Spent the last week analyzing the Unix systems here in the labs to get an idea of what was running on them, and also to do a security audit. First though I had to break into the boxes, as my predecessor didn't leave any system passwords. Turns out this was easy.

First thing I found on one of the systems is that the 'init' process was running under the account 'Katrina' (names have been changed to protect the innocent). Now 'init' is always owned by 'root' (the system admin account). So this means that somebody else on the system has the user id of '0', which is the administrator ID number on Unix.

As it turns out, I can change Katrina's password, since it's all stored in Windows Active Directory and exported to Unix via LDAP. So I did this and logged in as Katrina. Voila - I've got root access. Did this on several boxes to reset the root password.

Now there's no easy way to find a list of accounts, since this is all done in Windows and authentication is FM (freaking magic).  So I wrote a little 'C' program to find all this info spread around the university and generate what looks like a standard Unix passwd file, which is something I understand.

Next I ran a little awk script to go through and find out if anybody else had UID '0', or administrator access.
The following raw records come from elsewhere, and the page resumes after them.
-- ===== src/Vm/Control.antt =====
-- The life cycle of a machine in virtualization/vms/vm.c: `vm_start`, `vm_stop`, `vm_pause`,
-- `vm_resume` and `vm_suspend` against one table of moves.
use homeserver_os.Base.{
  ℕ, ◌+◌, ◌≡◌, ◌≢◌, ◌⊎◌, refl, ap, sym, ◌∙◌, arith, length, Option, none, some, if◌then◌else◌, inl,
  inr, some_inj,
}
use homeserver_os.Base.Int.{ℤ, pos, minus_one}
use homeserver_os.Base.Table.{find, update_first}
use homeserver_os.Base.Table.Ids.{has_id}
use homeserver_os.Base.Table.Updates.{
  update_first-Updated, update_first-some, update_first_missing, update_first_unfit,
  count_if-eq-tally, tally, tally-replace_first,
}
use homeserver_os.Base.Table.Valid.{IsTable-update_first, find_updated_self, find_updated_ne}
use homeserver_os.Vm.{
  Vms, Vm, VmState, stopped, starting, running, paused, stopping, suspended, vm_id, get, is_running,
  answer, start_vm, stop_vm, pause_vm, resume_vm, suspend_vm, start as vm_start, stop as vm_stop,
  pause as vm_pause, resume as vm_resume, suspend as vm_suspend, get_running_count,
}
use homeserver_os.Vm.Create.{live, IsSlot, IsValid, get-eq-find}

-- The five functions that move a machine from one state to another.
pub data Command : Type 0 where
  start stop pause resume suspend : Command

-- The moves that the manager allows.
abbrev pub next_state : Command → VmState → Option VmState
next_state start stopped = some running
next_state start suspended = some running
next_state stop running = some stopped
next_state stop paused = some stopped
next_state pause running = some paused
next_state resume paused = some running
next_state suspend running = some suspended
next_state _ _ = none

abbrev pub perform : Command → ℕ → Vms → ℤ × Vms
perform start = vm_start
perform stop = vm_stop
perform pause = vm_pause
perform resume = vm_resume
perform suspend = vm_suspend

abbrev pub body : Command → Vm → Option Vm
body start = start_vm
body stop = stop_vm
body pause = pause_vm
body resume = resume_vm
body suspend = suspend_vm

pub perform-body :
    (c : Command) (id : ℕ) (s : Vms)
    → perform c id s ≡ answer s (update_first (has_id vm_id id) (body c) s.count s.vms)
unfolding vm_start vm_stop vm_pause vm_resume vm_suspend
perform-body start id s = refl
perform-body stop id s = refl
perform-body pause id s = refl
perform-body resume id s = refl
perform-body suspend id s = refl

-- The machine after a move to the state: a start resets the two times, and all else stays.
abbrev pub moved_to : Command → VmState → Vm → Vm
moved_to start q v = record v { state = q; started_time = 0; uptime = 0 }
moved_to stop q v = record v { state = q }
moved_to pause q v = record v { state = q }
moved_to resume q v = record v { state = q }
moved_to suspend q v = record v { state = q }

-- What the invariant asks of a machine, unchanged
pub record SameBut (v w : Vm) : Type 0 where
  pub same_id : w.id ≡ v.id
  pub same_name : w.name ≡ v.name
  pub same_disks : w.disks ≡ v.disks
  pub same_disk_count : w.disk_count ≡ v.disk_count
  pub same_memory : w.size_mb ≡ v.size_mb
  pub same_cores : w.cores ≡ v.cores
  pub same_network : w.network ≡ v.network

pub body-next_state :
    (c : Command) (v w : Vm)
    → body c v ≡ some w
    → (next_state c v.state ≡ some w.state) × SameBut v w
unfolding start_vm stop_vm pause_vm resume_vm suspend_vm
body-next_state start v w h = ground arith
body-next_state stop v w h = ground arith
body-next_state pause v w h = ground arith
body-next_state resume v w h = ground arith
body-next_state suspend v w h = ground arith

body-some :
    (c : Command) (v : Vm) (q : VmState)
    → next_state c v.state ≡ some q
    → body c v ≡ some (moved_to c q v)
unfolding start_vm stop_vm pause_vm resume_vm suspend_vm
body-some start v q h = ground arith
body-some stop v q h = ground arith
body-some pause v q h = ground arith
body-some resume v q h = ground arith
body-some suspend v q h = ground arith

body-refused : (c : Command) (v : Vm) → next_state c v.state ≡ none → body c v ≡ none
unfolding start_vm stop_vm pause_vm resume_vm suspend_vm
body-refused start v h = ground arith
body-refused stop v h = ground arith
body-refused pause v h = ground arith
body-refused resume v h = ground arith
body-refused suspend v h = ground arith

pub body-id : (c : Command) (v w : Vm) → body c v ≡ some w → vm_id w ≡ vm_id v
body-id c v w h = (body-next_state c v w h).1.same_id

next_state_settled :
    (c : Command) (q r : VmState) → next_state c q ≡ some r → (r ≢ starting) × (r ≢ stopping)
next_state_settled start q r h = ground arith
next_state_settled stop q r h = ground arith
next_state_settled pause q r h = ground arith
next_state_settled resume q r h = ground arith
next_state_settled suspend q r h = ground arith

pub body-IsSlot : (c : Command) (v w : Vm) → IsSlot v → body c v ≡ some w → IsSlot w
body-IsSlot c v w h e =
    let (moved, same) = body-next_state c v w e in
    let (a, b) = next_state_settled c v.state w.state moved in
    record {
      arrays = record {
        name_size = ap length same.same_name ∙ h.name_size;
        disks_size = ap length same.same_disks ∙ h.disks_size;
        paths = rw same.same_disks h.paths;
        disks_fit = omega (arith, same.same_disk_count, h.disks_fit);
      };
      not_starting = a;
      not_stopping = b;
    }

-- What a move of the machine `v` to the state `q` leaves.
pub record Moved (c : Command) (id : ℕ) (v : Vm) (q : VmState) (s t : Vms) : Type 0 where
  pub found : get id t ≡ some (moved_to c q v)
  pub others : (j : ℕ) → j ≢ id → get j t ≡ get j s
  pub same_count : t.count ≡ s.count
  pub same_counter : t.next_id ≡ s.next_id
  pub running_count :
      get_running_count t + (if is_running v then 1 else 0)
      ≡ get_running_count s + (if is_running (moved_to c q v) then 1 else 0)
  pub valid : IsValid t

running-tally : (s : Vms) → get_running_count s ≡ tally is_running (live s)
unfolding get_running_count
running-tally s = count_if-eq-tally is_running s.count s.vms

module _ (c : Command) (id : ℕ) (s : Vms) (valid : IsValid s) where
  -- A move that the table allows is made and reported by 0: the machine is in its new
  -- state, a start sets its start time and its uptime to 0, all else of it and all other machines are
  -- as they were, the count of running ones follows, and the invariant holds.
  pub perform-Moved :
      (v : Vm) (q : VmState)
      → get id s ≡ some v
      → next_state c v.state ≡ some q
      → (t : Vms) × (perform c id s ≡ (pos 0, t)) × Moved c id v q s t
  unfolding answer
  perform-Moved v q found allowed =
      let here : find (has_id vm_id id) (live s) ≡ some v = sym (get-eq-find id s) ∙ found in
      let w = moved_to c q v in
      let e : body c v ≡ some w = body-some c v q allowed in
      let (vms, made) = update_first-some (has_id vm_id id) (body c) s.count s.vms here e in
      let u = update_first-Updated (has_id vm_id id) (body c) s.count s.vms made in
      let t : Vms = record s { vms = vms } in
      let old : u.old ≡ v = some_inj (sym u.found ∙ here) in
      let new : u.new ≡ w = some_inj (sym (rw old at u.passed) ∙ e) in
      (
        t,
        rw (perform-body c id s, made),
        record {
          found =
              rw (get-eq-find id t)
                (find_updated_self vm_id IsSlot valid id (body c) (body-id c) made ∙ ap some new);
          others = λ j ne.
              rw (get-eq-find j t, get-eq-find j s)
                (find_updated_ne vm_id IsSlot valid id j (body c) (body-id c) ne made);
          same_count = refl;
          same_counter = refl;
          running_count =
              rw (running-tally t, running-tally s, u.live, new)
                (tally-replace_first is_running (has_id vm_id id) w (live s) here);
          valid =
              IsTable-update_first vm_id IsSlot valid id (body c) (body-id c) (body-IsSlot c) made;
        },
      )

-- A command for an unknown id, or for a machine in a state that the table gives no move, is
-- answered by -1, and nothing changes.
pub perform-refused :
    (c : Command) (id : ℕ) (s : Vms)
    → (get id s ≡ none) ⊎ ((v : Vm) × (get id s ≡ some v) × (next_state c v.state ≡ none))
    → perform c id s ≡ (minus_one, s)
unfolding answer
perform-refused c id s (inl missing) = rw (
  perform-body c id s,
  update_first_missing (has_id vm_id id) (body c) s.count s.vms (sym (get-eq-find id s) ∙ missing),
)
perform-refused c id s (inr (v, found, barred)) = rw (
  perform-body c id s,
  update_first_unfit (has_id vm_id id) (body c) s.count s.vms (sym (get-eq-find id s) ∙ found)
      (body-refused c v barred),
)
I'm glad I did this. Turns out that 279 people have administrator access. (There should be exactly 1). Now we manage accounts here for about 1800 people, so somewhere around 1 in 6 have had elevated system privileges.  

These UID's were generated by a software utility my predecessor wrote to add all the Unix attributes to the Windows Directory. This utility has a lot of bugs, and this is only one of them. Duplicate UID's, non-existent home directories that never get created, no-UID (which defaults to 0), etc.

Sigh... Anyway the short story is that I've got a lot of work left to do.
Back to work

Mike Macgirvin
  from Diary and Other Rantings
Once more became gainfully employed. Started this morning at a large nearby University managing computer systems for the Electrical Engineering Labs.

Lasers, robots, tesla coils. The morning drive is over the edge of the escarpment, through the rain forest and along the coast. And the real kicker is that they're gonna' pay me for working here.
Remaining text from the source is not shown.